■ **PROBLEM TO SOLVE**:
Print every line of the listing below, starting with the line that holds "value = negsuc" and going on through the line that holds "λ key. read_clamped", both included, and print nothing else.

■ **WORKING DATA**:
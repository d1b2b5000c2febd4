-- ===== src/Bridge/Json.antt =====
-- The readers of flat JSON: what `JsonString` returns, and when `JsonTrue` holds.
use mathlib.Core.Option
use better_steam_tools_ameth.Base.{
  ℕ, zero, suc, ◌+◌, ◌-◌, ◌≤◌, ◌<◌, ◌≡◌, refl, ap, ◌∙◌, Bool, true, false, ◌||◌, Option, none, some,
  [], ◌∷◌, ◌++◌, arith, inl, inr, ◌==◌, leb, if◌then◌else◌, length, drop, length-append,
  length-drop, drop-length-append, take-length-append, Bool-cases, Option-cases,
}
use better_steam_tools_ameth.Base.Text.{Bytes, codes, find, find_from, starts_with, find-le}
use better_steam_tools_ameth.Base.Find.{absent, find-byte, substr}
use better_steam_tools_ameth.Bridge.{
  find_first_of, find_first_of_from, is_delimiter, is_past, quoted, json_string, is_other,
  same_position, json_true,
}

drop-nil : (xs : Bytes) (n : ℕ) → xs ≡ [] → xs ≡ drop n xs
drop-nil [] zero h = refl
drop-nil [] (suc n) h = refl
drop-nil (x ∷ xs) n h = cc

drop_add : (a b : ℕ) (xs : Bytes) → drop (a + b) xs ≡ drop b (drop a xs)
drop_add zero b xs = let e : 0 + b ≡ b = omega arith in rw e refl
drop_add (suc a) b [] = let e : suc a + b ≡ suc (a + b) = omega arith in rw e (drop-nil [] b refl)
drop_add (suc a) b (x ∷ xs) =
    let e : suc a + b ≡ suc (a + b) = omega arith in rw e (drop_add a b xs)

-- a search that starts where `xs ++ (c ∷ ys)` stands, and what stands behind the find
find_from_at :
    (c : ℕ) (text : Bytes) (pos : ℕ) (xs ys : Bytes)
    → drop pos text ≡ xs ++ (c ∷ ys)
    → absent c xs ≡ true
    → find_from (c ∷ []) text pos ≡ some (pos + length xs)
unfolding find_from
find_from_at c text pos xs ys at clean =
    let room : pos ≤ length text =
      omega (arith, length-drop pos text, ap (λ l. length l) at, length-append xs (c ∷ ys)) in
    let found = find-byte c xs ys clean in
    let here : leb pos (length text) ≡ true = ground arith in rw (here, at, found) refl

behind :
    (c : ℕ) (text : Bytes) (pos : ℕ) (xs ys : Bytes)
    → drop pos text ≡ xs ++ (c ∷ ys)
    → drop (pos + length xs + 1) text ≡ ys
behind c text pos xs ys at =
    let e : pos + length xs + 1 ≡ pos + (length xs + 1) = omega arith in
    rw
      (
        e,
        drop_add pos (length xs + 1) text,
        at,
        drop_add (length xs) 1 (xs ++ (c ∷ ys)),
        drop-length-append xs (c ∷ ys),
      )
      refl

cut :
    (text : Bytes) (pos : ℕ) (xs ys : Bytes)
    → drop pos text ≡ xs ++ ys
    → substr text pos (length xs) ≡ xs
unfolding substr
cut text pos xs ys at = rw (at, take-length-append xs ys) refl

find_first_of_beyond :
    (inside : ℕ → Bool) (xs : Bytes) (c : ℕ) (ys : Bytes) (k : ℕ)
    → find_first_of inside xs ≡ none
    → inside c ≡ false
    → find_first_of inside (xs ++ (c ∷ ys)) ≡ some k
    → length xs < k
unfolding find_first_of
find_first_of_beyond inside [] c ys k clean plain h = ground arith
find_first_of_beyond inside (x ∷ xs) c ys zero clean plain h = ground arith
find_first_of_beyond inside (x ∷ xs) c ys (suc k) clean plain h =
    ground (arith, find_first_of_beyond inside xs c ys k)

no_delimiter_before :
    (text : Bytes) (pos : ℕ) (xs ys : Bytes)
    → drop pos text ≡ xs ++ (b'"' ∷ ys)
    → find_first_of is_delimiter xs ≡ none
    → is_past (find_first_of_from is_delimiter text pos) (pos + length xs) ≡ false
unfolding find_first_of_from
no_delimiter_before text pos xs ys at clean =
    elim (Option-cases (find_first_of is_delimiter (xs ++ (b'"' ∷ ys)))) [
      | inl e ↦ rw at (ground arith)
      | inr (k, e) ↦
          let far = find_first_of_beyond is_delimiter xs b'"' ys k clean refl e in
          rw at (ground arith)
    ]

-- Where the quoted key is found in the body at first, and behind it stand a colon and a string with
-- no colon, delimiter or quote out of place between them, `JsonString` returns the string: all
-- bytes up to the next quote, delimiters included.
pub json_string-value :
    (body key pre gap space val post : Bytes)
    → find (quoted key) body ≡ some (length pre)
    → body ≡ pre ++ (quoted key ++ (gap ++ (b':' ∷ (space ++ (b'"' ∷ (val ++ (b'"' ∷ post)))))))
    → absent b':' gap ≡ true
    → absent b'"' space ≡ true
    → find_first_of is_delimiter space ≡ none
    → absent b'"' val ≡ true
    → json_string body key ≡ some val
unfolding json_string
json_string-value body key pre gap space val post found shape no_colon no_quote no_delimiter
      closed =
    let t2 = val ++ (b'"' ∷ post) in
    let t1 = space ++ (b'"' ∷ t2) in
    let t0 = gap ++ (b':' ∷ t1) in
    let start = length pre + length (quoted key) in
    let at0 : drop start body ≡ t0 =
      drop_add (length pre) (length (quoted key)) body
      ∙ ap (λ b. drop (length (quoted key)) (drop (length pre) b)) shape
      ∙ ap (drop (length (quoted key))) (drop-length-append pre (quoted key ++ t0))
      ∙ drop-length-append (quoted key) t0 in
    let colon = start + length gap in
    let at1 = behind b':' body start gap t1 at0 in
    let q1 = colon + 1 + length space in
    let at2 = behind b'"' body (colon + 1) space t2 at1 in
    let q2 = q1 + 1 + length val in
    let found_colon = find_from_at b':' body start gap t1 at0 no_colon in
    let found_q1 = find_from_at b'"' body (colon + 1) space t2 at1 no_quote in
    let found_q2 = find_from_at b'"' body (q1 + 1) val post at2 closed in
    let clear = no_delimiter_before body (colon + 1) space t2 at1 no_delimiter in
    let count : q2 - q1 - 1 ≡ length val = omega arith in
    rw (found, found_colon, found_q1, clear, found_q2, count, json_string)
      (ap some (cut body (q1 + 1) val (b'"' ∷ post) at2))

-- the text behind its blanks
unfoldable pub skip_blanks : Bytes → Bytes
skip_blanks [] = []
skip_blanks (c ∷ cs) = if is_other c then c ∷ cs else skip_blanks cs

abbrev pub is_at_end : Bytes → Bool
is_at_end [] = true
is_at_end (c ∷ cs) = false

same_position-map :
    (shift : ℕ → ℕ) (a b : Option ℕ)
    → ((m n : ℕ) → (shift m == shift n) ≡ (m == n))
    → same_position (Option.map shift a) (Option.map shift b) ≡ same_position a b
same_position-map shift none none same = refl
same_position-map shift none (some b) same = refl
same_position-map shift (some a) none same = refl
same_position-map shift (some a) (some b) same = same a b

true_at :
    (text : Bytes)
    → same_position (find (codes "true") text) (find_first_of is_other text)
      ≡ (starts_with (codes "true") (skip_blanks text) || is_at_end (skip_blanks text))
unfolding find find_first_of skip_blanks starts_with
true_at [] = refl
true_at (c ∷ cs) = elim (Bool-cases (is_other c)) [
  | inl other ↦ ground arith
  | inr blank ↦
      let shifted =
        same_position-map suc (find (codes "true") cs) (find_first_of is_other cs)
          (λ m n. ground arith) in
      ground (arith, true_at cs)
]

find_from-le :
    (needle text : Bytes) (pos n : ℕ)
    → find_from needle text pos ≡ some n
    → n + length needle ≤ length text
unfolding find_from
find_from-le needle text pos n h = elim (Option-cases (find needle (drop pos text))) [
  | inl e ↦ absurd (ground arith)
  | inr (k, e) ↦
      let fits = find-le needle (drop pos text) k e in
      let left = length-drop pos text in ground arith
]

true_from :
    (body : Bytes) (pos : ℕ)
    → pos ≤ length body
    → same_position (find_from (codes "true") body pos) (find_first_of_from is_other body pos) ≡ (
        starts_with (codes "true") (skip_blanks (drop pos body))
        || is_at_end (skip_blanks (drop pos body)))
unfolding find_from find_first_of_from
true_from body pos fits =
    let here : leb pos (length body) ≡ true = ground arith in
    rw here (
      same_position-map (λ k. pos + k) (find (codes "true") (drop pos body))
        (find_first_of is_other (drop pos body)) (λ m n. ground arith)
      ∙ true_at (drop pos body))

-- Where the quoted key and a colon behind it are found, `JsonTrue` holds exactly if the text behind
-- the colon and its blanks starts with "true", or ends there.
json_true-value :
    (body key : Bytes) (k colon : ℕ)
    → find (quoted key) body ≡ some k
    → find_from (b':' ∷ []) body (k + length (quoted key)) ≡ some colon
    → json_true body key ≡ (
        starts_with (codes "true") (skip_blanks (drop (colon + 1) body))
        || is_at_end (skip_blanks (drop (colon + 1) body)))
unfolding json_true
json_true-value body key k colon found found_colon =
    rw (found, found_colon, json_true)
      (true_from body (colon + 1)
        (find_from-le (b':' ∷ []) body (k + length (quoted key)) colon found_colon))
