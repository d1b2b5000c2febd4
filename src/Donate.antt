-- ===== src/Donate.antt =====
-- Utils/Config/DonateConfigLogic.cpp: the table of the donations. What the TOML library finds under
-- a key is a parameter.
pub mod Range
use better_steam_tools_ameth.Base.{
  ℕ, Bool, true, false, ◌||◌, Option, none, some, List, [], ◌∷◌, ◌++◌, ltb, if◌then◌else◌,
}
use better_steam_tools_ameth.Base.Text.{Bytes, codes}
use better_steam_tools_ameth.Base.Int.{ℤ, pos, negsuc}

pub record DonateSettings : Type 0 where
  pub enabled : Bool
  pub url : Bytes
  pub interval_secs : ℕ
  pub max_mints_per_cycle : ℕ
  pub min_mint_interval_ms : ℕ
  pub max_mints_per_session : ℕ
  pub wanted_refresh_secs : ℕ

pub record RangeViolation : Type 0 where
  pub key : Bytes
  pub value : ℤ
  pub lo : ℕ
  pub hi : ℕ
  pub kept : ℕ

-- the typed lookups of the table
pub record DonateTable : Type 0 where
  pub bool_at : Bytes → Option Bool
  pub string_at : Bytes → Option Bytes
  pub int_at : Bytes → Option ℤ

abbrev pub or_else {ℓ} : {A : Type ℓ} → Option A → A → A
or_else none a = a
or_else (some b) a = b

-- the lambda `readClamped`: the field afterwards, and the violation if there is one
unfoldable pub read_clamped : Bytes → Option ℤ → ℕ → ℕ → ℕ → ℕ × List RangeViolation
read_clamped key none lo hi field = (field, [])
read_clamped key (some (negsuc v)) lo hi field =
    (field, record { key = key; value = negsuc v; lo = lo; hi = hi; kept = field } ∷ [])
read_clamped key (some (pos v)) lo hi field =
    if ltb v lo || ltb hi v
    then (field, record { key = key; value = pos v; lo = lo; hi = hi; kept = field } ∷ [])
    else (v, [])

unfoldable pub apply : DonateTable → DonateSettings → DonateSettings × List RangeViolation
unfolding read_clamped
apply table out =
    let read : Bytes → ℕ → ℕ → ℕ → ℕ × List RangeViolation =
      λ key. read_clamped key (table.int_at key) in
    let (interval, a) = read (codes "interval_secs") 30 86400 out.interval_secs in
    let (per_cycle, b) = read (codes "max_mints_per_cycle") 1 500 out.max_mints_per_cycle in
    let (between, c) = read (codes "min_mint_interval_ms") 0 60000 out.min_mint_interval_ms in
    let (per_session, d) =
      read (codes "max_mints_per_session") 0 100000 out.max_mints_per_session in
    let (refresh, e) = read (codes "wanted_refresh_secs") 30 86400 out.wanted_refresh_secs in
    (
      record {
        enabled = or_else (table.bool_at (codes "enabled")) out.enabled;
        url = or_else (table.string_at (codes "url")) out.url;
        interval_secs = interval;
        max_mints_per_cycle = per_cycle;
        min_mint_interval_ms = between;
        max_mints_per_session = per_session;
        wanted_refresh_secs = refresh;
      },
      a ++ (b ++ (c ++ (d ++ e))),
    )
--
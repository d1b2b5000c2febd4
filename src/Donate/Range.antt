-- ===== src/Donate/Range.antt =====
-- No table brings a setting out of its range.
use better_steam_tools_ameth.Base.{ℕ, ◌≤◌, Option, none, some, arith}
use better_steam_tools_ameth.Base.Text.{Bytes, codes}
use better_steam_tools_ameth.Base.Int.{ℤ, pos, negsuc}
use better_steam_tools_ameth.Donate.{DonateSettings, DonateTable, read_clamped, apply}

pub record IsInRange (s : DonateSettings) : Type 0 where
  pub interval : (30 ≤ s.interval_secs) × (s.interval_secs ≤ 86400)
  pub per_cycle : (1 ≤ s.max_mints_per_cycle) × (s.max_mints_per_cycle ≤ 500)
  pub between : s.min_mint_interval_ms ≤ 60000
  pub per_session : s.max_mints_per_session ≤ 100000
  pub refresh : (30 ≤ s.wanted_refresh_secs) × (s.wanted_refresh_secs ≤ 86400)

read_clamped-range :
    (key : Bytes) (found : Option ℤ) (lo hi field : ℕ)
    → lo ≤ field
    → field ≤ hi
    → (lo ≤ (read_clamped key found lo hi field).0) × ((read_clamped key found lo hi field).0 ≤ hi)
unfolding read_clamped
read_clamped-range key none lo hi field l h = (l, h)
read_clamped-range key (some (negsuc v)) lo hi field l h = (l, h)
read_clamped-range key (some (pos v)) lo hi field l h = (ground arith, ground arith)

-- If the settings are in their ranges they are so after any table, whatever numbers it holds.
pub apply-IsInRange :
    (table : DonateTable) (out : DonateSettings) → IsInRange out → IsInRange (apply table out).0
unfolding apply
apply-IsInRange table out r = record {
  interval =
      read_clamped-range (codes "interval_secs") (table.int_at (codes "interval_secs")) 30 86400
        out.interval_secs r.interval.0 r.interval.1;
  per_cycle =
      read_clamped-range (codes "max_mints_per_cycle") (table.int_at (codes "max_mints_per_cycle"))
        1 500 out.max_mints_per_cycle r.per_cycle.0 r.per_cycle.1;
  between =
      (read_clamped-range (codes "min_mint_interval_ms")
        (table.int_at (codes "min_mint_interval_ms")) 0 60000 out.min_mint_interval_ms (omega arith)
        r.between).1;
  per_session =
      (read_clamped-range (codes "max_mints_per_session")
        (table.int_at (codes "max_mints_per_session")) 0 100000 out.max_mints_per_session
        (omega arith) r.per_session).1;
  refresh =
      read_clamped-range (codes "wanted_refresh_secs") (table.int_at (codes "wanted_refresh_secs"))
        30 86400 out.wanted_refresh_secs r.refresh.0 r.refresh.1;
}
...
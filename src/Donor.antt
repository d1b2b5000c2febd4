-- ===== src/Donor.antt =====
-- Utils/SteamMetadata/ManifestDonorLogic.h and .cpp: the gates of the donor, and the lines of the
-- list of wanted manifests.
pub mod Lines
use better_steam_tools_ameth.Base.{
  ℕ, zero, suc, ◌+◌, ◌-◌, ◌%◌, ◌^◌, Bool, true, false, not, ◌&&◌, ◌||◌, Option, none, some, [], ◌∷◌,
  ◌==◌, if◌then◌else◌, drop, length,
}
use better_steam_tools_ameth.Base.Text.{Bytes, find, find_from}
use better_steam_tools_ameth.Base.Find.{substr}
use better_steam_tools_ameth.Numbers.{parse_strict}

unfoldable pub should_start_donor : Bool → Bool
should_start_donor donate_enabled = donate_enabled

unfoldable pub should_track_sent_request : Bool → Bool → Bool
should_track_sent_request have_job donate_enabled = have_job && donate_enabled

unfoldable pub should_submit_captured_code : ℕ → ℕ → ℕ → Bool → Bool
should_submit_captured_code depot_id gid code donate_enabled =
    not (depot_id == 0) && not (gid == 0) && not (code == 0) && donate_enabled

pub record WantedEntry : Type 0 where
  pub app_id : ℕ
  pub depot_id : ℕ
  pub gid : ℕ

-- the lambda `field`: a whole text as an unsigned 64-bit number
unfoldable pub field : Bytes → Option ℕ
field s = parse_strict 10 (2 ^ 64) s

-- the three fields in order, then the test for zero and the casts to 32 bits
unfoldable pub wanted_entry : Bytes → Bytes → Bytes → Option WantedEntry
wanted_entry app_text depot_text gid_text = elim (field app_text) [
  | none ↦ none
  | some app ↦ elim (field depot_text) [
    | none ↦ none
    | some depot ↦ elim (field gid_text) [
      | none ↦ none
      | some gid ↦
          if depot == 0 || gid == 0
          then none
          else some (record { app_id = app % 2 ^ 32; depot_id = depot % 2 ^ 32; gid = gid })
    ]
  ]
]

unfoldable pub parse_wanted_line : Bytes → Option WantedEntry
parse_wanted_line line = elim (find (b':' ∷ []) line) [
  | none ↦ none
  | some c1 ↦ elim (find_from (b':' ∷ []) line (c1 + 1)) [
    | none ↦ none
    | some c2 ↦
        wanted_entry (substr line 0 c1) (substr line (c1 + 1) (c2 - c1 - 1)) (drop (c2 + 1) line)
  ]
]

■ **EXERCISE ANSWER**:
    (field, record { key = key; value = negsuc v; lo = lo; hi = hi; kept = field } ∷ [])
read_clamped key (some (pos v)) lo hi field =
    if ltb v lo || ltb hi v
    then (field, record { key = key; value = pos v; lo = lo; hi = hi; kept = field } ∷ [])
    else (v, [])

unfoldable pub apply : DonateTable → DonateSettings → DonateSettings × List RangeViolation
unfolding read_clamped
apply table out =
    let read : Bytes → ℕ → ℕ → ℕ → ℕ × List RangeViolation =
      λ key. read_clamped key (table.int_at key) in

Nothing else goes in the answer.